Stored items
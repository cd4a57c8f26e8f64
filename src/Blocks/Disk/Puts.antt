-- ===== src/Blocks/Disk/Puts.antt =====
-- The writes of a new block's number, in `i_data` and in index blocks, of
-- filesystem-block-manager/test.cpp.
use linux_cpp.Prelude.{
  ℕ, ◌≤◌, ◌<◌, ◌≡◌, ◌≢◌, inl, inr, refl, sym, ap, ◌∙◌, true, false, ◌==◌, if◌then◌else◌, if_elim,
  Bool-cases, ==→eq, ==→ne, ne→==, arith,
}
use linux_cpp.Blocks.{Words, store, test_bit}
use linux_cpp.Blocks.Disk.{State, put_i_data, put_entry}
use linux_cpp.Blocks.Bits.{store_ne}
use linux_cpp.Blocks.Disk.Alloc.{view, IsReady, put_block-view_same, put_block-view_ne}
use linux_cpp.Blocks.Disk.Slots.{
  Slot, direct, root, mid, leaf, IsSlot, same_slot, follow, follow_eq, value, Inv, Fresh, Assigned,
}

follow_zeros : (s : State) (n : ℕ) → ((i : ℕ) → view s n i ≡ 0) → (i : ℕ) → follow s n i ≡ 0
unfolding follow
follow_zeros s n z i = if_elim (λ x. x ≡ 0) (n == 0) 0 (view s n i) (λ _. refl) (λ _. z i)

follow_none : (s : State) (b i : ℕ) → b ≡ 0 → follow s b i ≡ 0
unfolding follow
follow_none s b i e = rw e refl

pub follow-view : (s : State) (b i : ℕ) → b ≢ 0 → follow s b i ≡ view s b i
unfolding follow
follow-view s b i h = rw (ne→== b 0 h) refl

cache-view : (s : State) (b : ℕ) → s.uptodate b ≡ true → s.cache b ≡ view s b
cache-view s b u = ground (arith, u)

-- a write to a block to which an entry points
record Entry (s s' : State) (b i n : ℕ) : Type 0 where
  at_block : view s' b ≡ store (view s b) i n
  elsewhere : (c : ℕ) → c ≢ b → view s' c ≡ view s c

put_entry-Entry : (s : State) (b i n : ℕ) → s.uptodate b ≡ true → Entry s (put_entry b i n s) b i n
put_entry-Entry s b i n u = record {
  at_block =
      put_block-view_same s b (store (s.cache b) i n) u ∙ ap (λ w. store w i n) (cache-view s b u);
  elsewhere = put_block-view_ne s b (store (s.cache b) i n);
}

abbrev mid_index : Slot → ℕ
mid_index (mid j) = j
mid_index (direct i) = 0
mid_index root = 0
mid_index (leaf j k) = 0

mid_root : {j : ℕ} → mid j ≢ root
mid_root = λ e. absurd (cc)

pub direct-Assigned :
    (s : State) (i n : ℕ) → i < 4 → IsReady s → Assigned s (put_i_data i n s) (direct i) n
unfolding value follow
direct-Assigned s i n h r = record {
  values = at_slot;
  bitmap = refl;
  ready = record { read = r.read; desc = r.desc; high = r.high };
  unused = λ m _ _ _ j. refl;
}
  where
    other_entry : store s.i_data i n 4 ≡ s.i_data 4
    other_entry = store_ne s.i_data i n 4 (λ e. absurd (omega (arith, h, e)))

    at_slot :
        (u : Slot)
        → IsSlot u
        → value (put_i_data i n s) u ≡ (if same_slot (direct i) u then n else value s u)
    at_slot (direct j) l = refl
    at_slot root l = other_entry
    at_slot (mid j) l = ap (λ b. follow s b j) other_entry
    at_slot (leaf j k) l = ap (λ b. follow s (follow s b j) k) other_entry

pub root-Assigned :
    (s : State) (n : ℕ)
    → value s root ≡ 0
    → Fresh s n
    → IsReady s
    → Assigned s (put_i_data 4 n s) root n
unfolding value
root-Assigned s n z f r = record {
  values = at_slot;
  bitmap = refl;
  ready = record { read = r.read; desc = r.desc; high = r.high };
  unused = λ m _ _ _ j. refl;
}
  where
    no_mid : (j : ℕ) → follow s (s.i_data 4) j ≡ 0
    no_mid j = follow_none s (s.i_data 4) j z

    new_mid : (j : ℕ) → follow (put_i_data 4 n s) n j ≡ 0
    new_mid j = follow_zeros (put_i_data 4 n s) n f.zeros j

    at_slot :
        (u : Slot)
        → IsSlot u
        → value (put_i_data 4 n s) u ≡ (if same_slot root u then n else value s u)
    at_slot (direct j) l = store_ne s.i_data 4 n j (λ e. absurd (omega (arith, l, e)))
    at_slot root l = refl
    at_slot (mid j) l = new_mid j ∙ sym (no_mid j)
    at_slot (leaf j k) l =
        follow_none (put_i_data 4 n s) (follow (put_i_data 4 n s) n j) k (new_mid j)
        ∙ sym (follow_none s (follow s (s.i_data 4) j) k (no_mid j))

module _ (s : State) (t : Slot) (i n : ℕ) (v : Inv s) (p : IsSlot t) (h : value s t ≢ 0)
    (w : Entry s (put_entry (value s t) i n s) (value s t) i n) where
  entry_bitmap : view (put_entry (value s t) i n s) 2 ≡ view s 2
  entry_bitmap = w.elsewhere 2 (λ e. absurd (omega (arith, v.low t p h, e)))

  entry-IsReady : IsReady (put_entry (value s t) i n s)
  entry-IsReady = record {
    read = v.ready.read;
    desc =
        ap (λ (x : Words). x 0) (w.elsewhere 1 (λ e. absurd (omega (arith, v.low t p h, e))))
        ∙ v.ready.desc;
    high = λ m l u. ap (test_bit m) entry_bitmap ∙ v.ready.high m l u;
  }

  entry_unused :
      (m : ℕ)
      → 22 ≤ m
      → m < 192
      → test_bit m (view s 2) ≡ false
      → (j : ℕ) → view (put_entry (value s t) i n s) m j ≡ view s m j
  entry_unused m l u f j =
      ap (λ (x : Words). x j) (w.elsewhere m (λ e. absurd (ground (arith, f, e, v.used t p h))))

pub mid-Assigned :
    (s : State) (j n : ℕ)
    → Inv s
    → value s root ≢ 0
    → s.uptodate (value s root) ≡ true
    → value s (mid j) ≡ 0
    → Fresh s n
    → Assigned s (put_entry (value s root) j n s) (mid j) n
unfolding value
mid-Assigned s j n v h u z f = record {
  values = at_slot;
  bitmap = entry_bitmap s root j n v tt h w;
  ready = entry-IsReady s root j n v tt h w;
  unused = entry_unused s root j n v tt h w;
}
  where
    r : ℕ
    r = s.i_data 4

    s2 : State
    s2 = put_entry (value s root) j n s

    w : Entry s s2 r j n
    w = put_entry-Entry s r j n u

    at_mid : (j' : ℕ) → follow s2 r j' ≡ (if j' == j then n else follow s r j')
    at_mid j' =
        follow-view s2 r j' h
        ∙ ap (λ (x : Words). x j') w.at_block
        ∙ ap (λ y. if j' == j then n else y) (sym (follow-view s r j' h))

    new_leaf :
        (j' k : ℕ)
        → follow s2 r j' ≡ n
        → follow s (follow s r j') k ≡ 0
        → follow s2 (follow s2 r j') k ≡ follow s (follow s r j') k
    new_leaf j' k e e' =
        ap (λ b. follow s2 b k) e
        ∙ follow_zeros s2 n
            (λ i.
              ap (λ (x : Words). x i) (w.elsewhere n (λ q. f.unowned root tt (sym q))) ∙ f.zeros i)
            k
        ∙ sym e'

    old_leaf :
        (j' k : ℕ)
        → follow s2 r j' ≡ follow s r j'
        → follow s2 (follow s2 r j') k ≡ follow s (follow s r j') k
    old_leaf j' k e =
        ap (λ b. follow s2 b k) e
        ∙ follow_eq s s2 (follow s r j') k (λ m.
          w.elsewhere (follow s r j') (λ q. absurd (mid_root (v.distinct (mid j') root tt tt m q))))

    at_slot : (x : Slot) → IsSlot x → value s2 x ≡ (if same_slot (mid j) x then n else value s x)
    at_slot (direct i) l = refl
    at_slot root l = refl
    at_slot (mid j') l = at_mid j'
    at_slot (leaf j' k) l = elim (Bool-cases (j' == j)) [
      | inl e ↦
          new_leaf j' k (rw e at (at_mid j'))
            (follow_none s (follow s r j') k (ap (follow s r) (==→eq j' j e) ∙ z))
      | inr e ↦ old_leaf j' k (rw e at (at_mid j'))
    ]

pub leaf-Assigned :
    (s : State) (j k n : ℕ)
    → Inv s
    → value s (mid j) ≢ 0
    → s.uptodate (value s (mid j)) ≡ true
    → Assigned s (put_entry (value s (mid j)) k n s) (leaf j k) n
unfolding value
leaf-Assigned s j k n v h u = record {
  values = at_slot;
  bitmap = entry_bitmap s (mid j) k n v tt h w;
  ready = entry-IsReady s (mid j) k n v tt h w;
  unused = entry_unused s (mid j) k n v tt h w;
}
  where
    r : ℕ
    r = s.i_data 4

    b : ℕ
    b = follow s r j

    s2 : State
    s2 = put_entry b k n s

    w : Entry s s2 b k n
    w = put_entry-Entry s b k n u

    at_mid : (j' : ℕ) → follow s2 r j' ≡ follow s r j'
    at_mid j' =
        follow_eq s s2 r j'
          (λ m. w.elsewhere r (λ q. absurd (mid_root (sym (v.distinct root (mid j) tt tt m q)))))

    this_leaf : (k' : ℕ) → follow s2 b k' ≡ (if k' == k then n else follow s b k')
    this_leaf k' =
        follow-view s2 b k' h
        ∙ ap (λ (x : Words). x k') w.at_block
        ∙ ap (λ y. if k' == k then n else y) (sym (follow-view s b k' h))

    that_leaf : (j' k' : ℕ) → j' ≢ j → follow s2 (follow s r j') k' ≡ follow s (follow s r j') k'
    that_leaf j' k' d = follow_eq s s2 (follow s r j') k' (λ m.
        w.elsewhere (follow s r j')
          (λ q. absurd (d (ap mid_index (v.distinct (mid j') (mid j) tt tt m q)))))

    at_slot : (x : Slot) → IsSlot x → value s2 x ≡ (if same_slot (leaf j k) x then n else value s x)
    at_slot (direct i) l = refl
    at_slot root l = refl
    at_slot (mid j') l = at_mid j'
    at_slot (leaf j' k') l = ap (λ m. follow s2 m k') (at_mid j') ∙ elim (Bool-cases (j' == j)) [
      | inl e ↦ rw e (
          ap (λ i. follow s2 (follow s r i) k') (==→eq j' j e)
          ∙ this_leaf k'
          ∙ ap (λ i. if k' == k then n else follow s (follow s r i) k') (sym (==→eq j' j e)))
      | inr e ↦ rw e (that_leaf j' k' (==→ne j' j e))
    ]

▶ **What needs to be done**
The expected answer is a copy of each line in the records that holds the word "arith".

▶ **Exercise solution**
  Bool-cases, ==→eq, ==→ne, ne→==, arith,
cache-view s b u = ground (arith, u)
    other_entry = store_ne s.i_data i n 4 (λ e. absurd (omega (arith, h, e)))
    at_slot (direct j) l = store_ne s.i_data 4 n j (λ e. absurd (omega (arith, l, e)))
  entry_bitmap = w.elsewhere 2 (λ e. absurd (omega (arith, v.low t p h, e)))
        ap (λ (x : Words). x 0) (w.elsewhere 1 (λ e. absurd (omega (arith, v.low t p h, e))))
      ap (λ (x : Words). x j) (w.elsewhere m (λ e. absurd (ground (arith, f, e, v.used t p h))))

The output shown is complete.